About this task: Begin at the line containing "-- From a fresh" in the entries below and end at the line containing "(s.allowed_seeks ≡ some n)"; transcribe that range exactly and nothing outside it.

Data extracts:
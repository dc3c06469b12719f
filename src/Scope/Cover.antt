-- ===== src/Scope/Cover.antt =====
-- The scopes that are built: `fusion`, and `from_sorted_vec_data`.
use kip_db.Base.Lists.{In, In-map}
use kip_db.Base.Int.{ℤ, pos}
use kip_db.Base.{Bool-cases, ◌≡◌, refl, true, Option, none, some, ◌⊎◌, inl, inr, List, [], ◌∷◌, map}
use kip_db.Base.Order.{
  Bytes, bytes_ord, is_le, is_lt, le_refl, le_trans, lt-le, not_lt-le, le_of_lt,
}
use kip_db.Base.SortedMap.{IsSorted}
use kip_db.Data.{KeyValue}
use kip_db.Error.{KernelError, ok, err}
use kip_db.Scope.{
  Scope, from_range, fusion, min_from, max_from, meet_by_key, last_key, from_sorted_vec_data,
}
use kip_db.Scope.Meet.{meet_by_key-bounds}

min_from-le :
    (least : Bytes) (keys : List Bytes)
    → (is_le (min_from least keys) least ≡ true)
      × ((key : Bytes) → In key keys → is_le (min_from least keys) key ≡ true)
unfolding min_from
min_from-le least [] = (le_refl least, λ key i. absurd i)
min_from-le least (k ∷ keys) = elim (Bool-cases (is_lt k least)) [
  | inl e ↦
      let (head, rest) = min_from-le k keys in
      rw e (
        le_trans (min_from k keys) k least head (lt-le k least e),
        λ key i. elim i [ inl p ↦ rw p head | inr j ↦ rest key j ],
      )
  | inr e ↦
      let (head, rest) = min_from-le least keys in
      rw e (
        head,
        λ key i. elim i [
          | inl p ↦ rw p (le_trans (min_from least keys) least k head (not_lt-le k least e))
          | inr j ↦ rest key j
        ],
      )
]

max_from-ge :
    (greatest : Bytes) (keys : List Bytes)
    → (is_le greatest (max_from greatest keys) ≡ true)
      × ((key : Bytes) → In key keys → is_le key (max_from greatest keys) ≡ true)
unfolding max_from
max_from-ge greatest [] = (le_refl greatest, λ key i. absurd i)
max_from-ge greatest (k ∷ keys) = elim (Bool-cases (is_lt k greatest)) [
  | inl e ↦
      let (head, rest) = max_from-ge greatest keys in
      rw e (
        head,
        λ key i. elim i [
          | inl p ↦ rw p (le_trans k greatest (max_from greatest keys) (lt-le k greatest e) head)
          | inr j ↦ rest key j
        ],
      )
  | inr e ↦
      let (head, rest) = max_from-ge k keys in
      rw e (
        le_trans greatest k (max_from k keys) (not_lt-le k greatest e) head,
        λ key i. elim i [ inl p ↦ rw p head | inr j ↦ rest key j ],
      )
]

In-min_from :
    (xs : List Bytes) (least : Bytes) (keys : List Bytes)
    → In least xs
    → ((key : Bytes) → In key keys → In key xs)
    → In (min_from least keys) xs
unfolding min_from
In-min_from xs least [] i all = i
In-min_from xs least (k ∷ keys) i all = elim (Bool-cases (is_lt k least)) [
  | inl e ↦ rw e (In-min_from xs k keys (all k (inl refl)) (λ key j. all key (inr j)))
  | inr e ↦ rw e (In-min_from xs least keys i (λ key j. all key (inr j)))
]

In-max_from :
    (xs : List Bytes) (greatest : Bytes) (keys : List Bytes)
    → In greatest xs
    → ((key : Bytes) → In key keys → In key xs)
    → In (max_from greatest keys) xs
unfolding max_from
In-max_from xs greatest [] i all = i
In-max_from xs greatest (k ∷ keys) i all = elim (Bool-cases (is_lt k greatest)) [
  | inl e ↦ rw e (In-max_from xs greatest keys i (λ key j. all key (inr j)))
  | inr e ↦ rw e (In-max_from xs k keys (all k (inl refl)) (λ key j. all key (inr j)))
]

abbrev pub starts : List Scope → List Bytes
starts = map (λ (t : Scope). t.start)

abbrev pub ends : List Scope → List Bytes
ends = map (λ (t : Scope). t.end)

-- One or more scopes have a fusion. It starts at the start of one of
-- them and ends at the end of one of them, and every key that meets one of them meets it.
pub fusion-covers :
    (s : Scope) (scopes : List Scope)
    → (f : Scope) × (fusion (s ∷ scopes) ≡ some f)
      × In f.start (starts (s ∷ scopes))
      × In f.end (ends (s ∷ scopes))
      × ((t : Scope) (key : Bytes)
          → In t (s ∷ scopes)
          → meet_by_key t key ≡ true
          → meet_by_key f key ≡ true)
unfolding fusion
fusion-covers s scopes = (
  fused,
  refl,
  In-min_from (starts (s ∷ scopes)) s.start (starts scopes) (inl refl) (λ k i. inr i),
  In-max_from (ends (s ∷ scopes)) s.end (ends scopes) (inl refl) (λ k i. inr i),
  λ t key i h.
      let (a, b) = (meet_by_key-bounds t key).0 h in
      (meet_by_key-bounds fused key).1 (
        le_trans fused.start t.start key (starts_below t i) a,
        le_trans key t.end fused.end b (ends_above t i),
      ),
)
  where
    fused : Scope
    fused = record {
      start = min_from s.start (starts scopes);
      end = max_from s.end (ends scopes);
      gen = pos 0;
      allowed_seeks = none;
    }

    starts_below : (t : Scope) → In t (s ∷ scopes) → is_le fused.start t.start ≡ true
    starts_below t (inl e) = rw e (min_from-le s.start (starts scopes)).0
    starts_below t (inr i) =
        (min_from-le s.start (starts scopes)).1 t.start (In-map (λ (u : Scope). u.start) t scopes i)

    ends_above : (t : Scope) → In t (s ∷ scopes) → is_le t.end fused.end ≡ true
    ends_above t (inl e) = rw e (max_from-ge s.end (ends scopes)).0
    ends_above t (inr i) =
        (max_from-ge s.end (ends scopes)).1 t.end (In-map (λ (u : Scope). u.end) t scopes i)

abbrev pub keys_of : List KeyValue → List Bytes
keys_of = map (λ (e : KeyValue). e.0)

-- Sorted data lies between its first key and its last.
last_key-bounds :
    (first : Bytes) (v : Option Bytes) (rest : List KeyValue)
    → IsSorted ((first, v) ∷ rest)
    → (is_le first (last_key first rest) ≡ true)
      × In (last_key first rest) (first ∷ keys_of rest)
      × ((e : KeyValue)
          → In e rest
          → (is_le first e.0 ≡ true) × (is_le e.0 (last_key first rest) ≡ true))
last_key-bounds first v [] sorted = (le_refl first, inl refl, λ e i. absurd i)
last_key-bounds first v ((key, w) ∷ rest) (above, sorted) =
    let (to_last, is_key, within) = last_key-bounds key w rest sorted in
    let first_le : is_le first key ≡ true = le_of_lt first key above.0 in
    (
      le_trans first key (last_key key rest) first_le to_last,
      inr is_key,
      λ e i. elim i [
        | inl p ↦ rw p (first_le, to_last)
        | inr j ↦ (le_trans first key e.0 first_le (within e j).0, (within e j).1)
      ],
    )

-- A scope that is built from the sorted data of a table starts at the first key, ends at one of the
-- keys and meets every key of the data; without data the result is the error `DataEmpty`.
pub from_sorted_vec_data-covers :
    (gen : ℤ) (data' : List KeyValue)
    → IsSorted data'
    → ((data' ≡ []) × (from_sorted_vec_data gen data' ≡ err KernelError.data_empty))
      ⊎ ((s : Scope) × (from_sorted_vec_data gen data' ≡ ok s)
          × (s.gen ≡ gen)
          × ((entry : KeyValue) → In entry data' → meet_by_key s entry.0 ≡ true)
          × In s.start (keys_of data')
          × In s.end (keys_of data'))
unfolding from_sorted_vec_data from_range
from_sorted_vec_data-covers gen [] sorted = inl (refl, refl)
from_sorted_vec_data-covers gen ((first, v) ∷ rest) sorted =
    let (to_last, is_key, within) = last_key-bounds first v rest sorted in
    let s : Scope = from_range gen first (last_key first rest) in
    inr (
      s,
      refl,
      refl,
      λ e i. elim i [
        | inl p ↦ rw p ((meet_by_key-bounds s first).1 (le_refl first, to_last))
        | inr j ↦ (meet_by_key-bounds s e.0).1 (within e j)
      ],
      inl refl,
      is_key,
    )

---

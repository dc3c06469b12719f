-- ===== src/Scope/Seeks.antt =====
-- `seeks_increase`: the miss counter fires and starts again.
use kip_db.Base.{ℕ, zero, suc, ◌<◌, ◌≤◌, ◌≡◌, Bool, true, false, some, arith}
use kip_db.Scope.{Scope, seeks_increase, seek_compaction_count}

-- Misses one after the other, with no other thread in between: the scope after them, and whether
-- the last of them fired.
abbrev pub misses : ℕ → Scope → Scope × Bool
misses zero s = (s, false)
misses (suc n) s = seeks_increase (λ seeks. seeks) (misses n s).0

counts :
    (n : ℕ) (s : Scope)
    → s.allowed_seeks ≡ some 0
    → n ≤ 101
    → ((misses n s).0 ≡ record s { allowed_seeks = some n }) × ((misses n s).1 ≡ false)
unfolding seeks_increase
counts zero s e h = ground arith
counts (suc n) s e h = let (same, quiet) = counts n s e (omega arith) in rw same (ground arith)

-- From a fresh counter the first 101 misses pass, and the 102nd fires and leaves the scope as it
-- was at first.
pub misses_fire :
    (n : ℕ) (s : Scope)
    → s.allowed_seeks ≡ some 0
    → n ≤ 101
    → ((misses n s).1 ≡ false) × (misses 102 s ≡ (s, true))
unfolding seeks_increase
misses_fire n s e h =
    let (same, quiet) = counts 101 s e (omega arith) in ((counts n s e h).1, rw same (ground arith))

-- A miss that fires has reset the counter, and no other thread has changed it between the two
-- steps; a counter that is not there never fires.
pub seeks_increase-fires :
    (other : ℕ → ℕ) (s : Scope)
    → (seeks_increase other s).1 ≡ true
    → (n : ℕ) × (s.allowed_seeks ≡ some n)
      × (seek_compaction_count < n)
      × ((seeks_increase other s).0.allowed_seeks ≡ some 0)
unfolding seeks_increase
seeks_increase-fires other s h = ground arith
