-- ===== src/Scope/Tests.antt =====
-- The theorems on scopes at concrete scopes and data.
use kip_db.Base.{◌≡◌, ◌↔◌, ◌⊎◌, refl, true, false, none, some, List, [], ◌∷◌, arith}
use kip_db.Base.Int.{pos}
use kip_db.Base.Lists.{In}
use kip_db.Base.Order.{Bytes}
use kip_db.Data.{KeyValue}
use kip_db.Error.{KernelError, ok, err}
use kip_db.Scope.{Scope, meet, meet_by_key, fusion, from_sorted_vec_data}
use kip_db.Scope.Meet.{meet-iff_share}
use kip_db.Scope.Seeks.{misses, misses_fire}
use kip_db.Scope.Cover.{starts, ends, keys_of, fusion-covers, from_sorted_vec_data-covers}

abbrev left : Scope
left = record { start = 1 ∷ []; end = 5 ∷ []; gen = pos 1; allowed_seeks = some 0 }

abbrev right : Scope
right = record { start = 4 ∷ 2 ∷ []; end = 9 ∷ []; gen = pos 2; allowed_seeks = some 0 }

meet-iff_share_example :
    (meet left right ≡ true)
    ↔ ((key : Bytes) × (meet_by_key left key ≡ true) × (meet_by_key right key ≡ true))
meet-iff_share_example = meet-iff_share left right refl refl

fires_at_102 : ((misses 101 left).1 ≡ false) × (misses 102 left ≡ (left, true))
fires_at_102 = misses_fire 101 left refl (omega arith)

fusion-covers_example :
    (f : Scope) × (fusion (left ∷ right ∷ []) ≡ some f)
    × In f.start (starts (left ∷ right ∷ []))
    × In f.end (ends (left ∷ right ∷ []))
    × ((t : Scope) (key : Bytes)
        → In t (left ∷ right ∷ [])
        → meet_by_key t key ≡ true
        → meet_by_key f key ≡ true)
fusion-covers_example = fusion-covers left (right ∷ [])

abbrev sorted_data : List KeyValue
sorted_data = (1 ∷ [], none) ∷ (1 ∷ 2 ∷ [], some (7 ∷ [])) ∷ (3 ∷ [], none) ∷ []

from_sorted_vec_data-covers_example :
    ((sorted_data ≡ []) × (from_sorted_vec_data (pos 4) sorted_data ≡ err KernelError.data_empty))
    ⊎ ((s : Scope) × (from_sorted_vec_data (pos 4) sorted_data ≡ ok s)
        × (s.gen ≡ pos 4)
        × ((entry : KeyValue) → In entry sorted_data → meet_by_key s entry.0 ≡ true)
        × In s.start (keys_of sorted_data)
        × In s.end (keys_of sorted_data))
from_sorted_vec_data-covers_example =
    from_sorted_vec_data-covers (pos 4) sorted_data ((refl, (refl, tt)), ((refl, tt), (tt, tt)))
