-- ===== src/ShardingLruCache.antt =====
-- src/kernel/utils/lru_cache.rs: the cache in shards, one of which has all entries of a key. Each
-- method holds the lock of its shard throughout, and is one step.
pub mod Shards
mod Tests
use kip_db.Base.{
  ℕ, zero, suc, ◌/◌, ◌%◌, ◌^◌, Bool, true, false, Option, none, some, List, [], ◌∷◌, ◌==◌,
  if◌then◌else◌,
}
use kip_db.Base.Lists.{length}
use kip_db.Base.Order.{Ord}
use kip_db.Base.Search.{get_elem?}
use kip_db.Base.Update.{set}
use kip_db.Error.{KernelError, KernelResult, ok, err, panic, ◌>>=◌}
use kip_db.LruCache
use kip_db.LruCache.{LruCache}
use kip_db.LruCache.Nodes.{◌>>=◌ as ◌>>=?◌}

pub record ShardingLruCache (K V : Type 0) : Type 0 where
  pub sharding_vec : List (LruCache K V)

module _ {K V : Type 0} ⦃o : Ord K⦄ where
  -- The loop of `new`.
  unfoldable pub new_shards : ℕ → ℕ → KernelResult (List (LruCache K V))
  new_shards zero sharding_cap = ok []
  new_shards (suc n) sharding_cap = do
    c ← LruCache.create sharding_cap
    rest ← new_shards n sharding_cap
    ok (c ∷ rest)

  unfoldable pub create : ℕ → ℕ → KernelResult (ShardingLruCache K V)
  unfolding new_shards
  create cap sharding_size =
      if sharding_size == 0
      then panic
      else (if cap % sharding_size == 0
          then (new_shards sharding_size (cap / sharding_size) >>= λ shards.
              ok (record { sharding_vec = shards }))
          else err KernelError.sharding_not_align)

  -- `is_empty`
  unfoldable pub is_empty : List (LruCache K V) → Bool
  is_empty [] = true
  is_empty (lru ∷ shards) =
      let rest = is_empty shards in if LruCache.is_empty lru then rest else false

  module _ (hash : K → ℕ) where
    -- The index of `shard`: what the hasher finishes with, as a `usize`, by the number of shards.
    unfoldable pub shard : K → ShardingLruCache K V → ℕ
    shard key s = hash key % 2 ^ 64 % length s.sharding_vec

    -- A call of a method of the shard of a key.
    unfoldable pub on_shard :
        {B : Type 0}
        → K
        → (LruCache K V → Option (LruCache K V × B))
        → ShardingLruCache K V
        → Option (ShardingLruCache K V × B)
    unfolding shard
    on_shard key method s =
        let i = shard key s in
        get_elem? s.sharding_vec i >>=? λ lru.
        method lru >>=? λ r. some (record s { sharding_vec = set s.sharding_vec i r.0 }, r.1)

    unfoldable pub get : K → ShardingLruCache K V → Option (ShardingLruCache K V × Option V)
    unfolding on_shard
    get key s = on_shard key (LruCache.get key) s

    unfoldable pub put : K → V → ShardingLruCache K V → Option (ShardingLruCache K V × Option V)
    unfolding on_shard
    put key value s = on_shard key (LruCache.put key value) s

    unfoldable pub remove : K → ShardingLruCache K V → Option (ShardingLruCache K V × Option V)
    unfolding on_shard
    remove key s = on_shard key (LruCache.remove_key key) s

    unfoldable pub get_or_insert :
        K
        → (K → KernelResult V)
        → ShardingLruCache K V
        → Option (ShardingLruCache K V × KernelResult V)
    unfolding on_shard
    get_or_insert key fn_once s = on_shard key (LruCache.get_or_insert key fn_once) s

Exercise result:
-- From a fresh counter the first 101 misses pass, and the 102nd fires and leaves the scope as it
-- was at first.
pub misses_fire :
    (n : ℕ) (s : Scope)
    → s.allowed_seeks ≡ some 0
    → n ≤ 101
    → ((misses n s).1 ≡ false) × (misses 102 s ≡ (s, true))
unfolding seeks_increase
misses_fire n s e h =
    let (same, quiet) = counts 101 s e (omega arith) in ((counts n s e h).1, rw same (ground arith))

-- A miss that fires has reset the counter, and no other thread has changed it between the two
-- steps; a counter that is not there never fires.
pub seeks_increase-fires :
    (other : ℕ → ℕ) (s : Scope)
    → (seeks_increase other s).1 ≡ true
    → (n : ℕ) × (s.allowed_seeks ≡ some n)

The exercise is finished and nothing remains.